Saved data entries:
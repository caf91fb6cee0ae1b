-- ===== src/Tests/Merge.antt =====
-- Words that are numbers, in three partial indices.
use swishxx.Common.{ℕ, ◌≡◌, refl, arith, Bool, true, false, List, [], ◌∷◌, some, ltb, ◌==◌, ==_iff}
use swishxx.Merge.{Words, Index, merge_indicies}
use swishxx.Merge.Total.{IsMerged, merge_indicies-IsMerged}

ltb_irrefl : (a : ℕ) → ltb a a ≡ false
ltb_irrefl a = ground arith

ltb_trans : (a b c : ℕ) → ltb a b ≡ true → ltb b c ≡ true → ltb a c ≡ true
ltb_trans a b c h k = ground arith

ltb_total : (a b : ℕ) → ltb a b ≡ false → ltb b a ≡ false → a ≡ b
ltb_total a b h k = ground arith

abbrev numbers : Words
numbers = record {
  Word = ℕ;
  less = ltb;
  same = λ a b. a == b;
  same_iff = ==_iff;
  less_irrefl = ltb_irrefl;
  less_trans = ltb_trans;
  less_total = ltb_total;
}

abbrev is_one : ℕ → Bool
is_one w = w == 1

abbrev parts : List (Index numbers ℕ)
parts =
    ((1, 70 ∷ []) ∷ (5, 71 ∷ []) ∷ [])
    ∷ ((5, 72 ∷ 73 ∷ []) ∷ (6, 74 ∷ []) ∷ [])
    ∷ ((1, 75 ∷ []) ∷ (5, 76 ∷ []) ∷ [])
    ∷ []

-- The stop word 1 of the third index is written, since the loop for two indices ends before it.
stop_word_is_written :
    merge_indicies numbers ℕ is_one 7 parts
    ≡ some ((1, 75 ∷ []) ∷ (5, 71 ∷ 72 ∷ 73 ∷ 76 ∷ []) ∷ (6, 74 ∷ []) ∷ [])
unfolding merge_indicies
stop_word_is_written = refl

merge_indicies-IsMerged_example :
    IsMerged numbers ℕ is_one parts (merge_indicies numbers ℕ is_one 7 parts)
merge_indicies-IsMerged_example =
    merge_indicies-IsMerged numbers ℕ is_one 7 parts
      (((refl, tt), (tt, tt)), (((refl, tt), (tt, tt)), (((refl, tt), (tt, tt)), tt))) (omega arith)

# Problem requirements:
Only lines with the word "List" count here; copy every one from the records.

# Solved exercise:
use swishxx.Common.{ℕ, ◌≡◌, refl, arith, Bool, true, false, List, [], ◌∷◌, some, ltb, ◌==◌, ==_iff}
abbrev parts : List (Index numbers ℕ)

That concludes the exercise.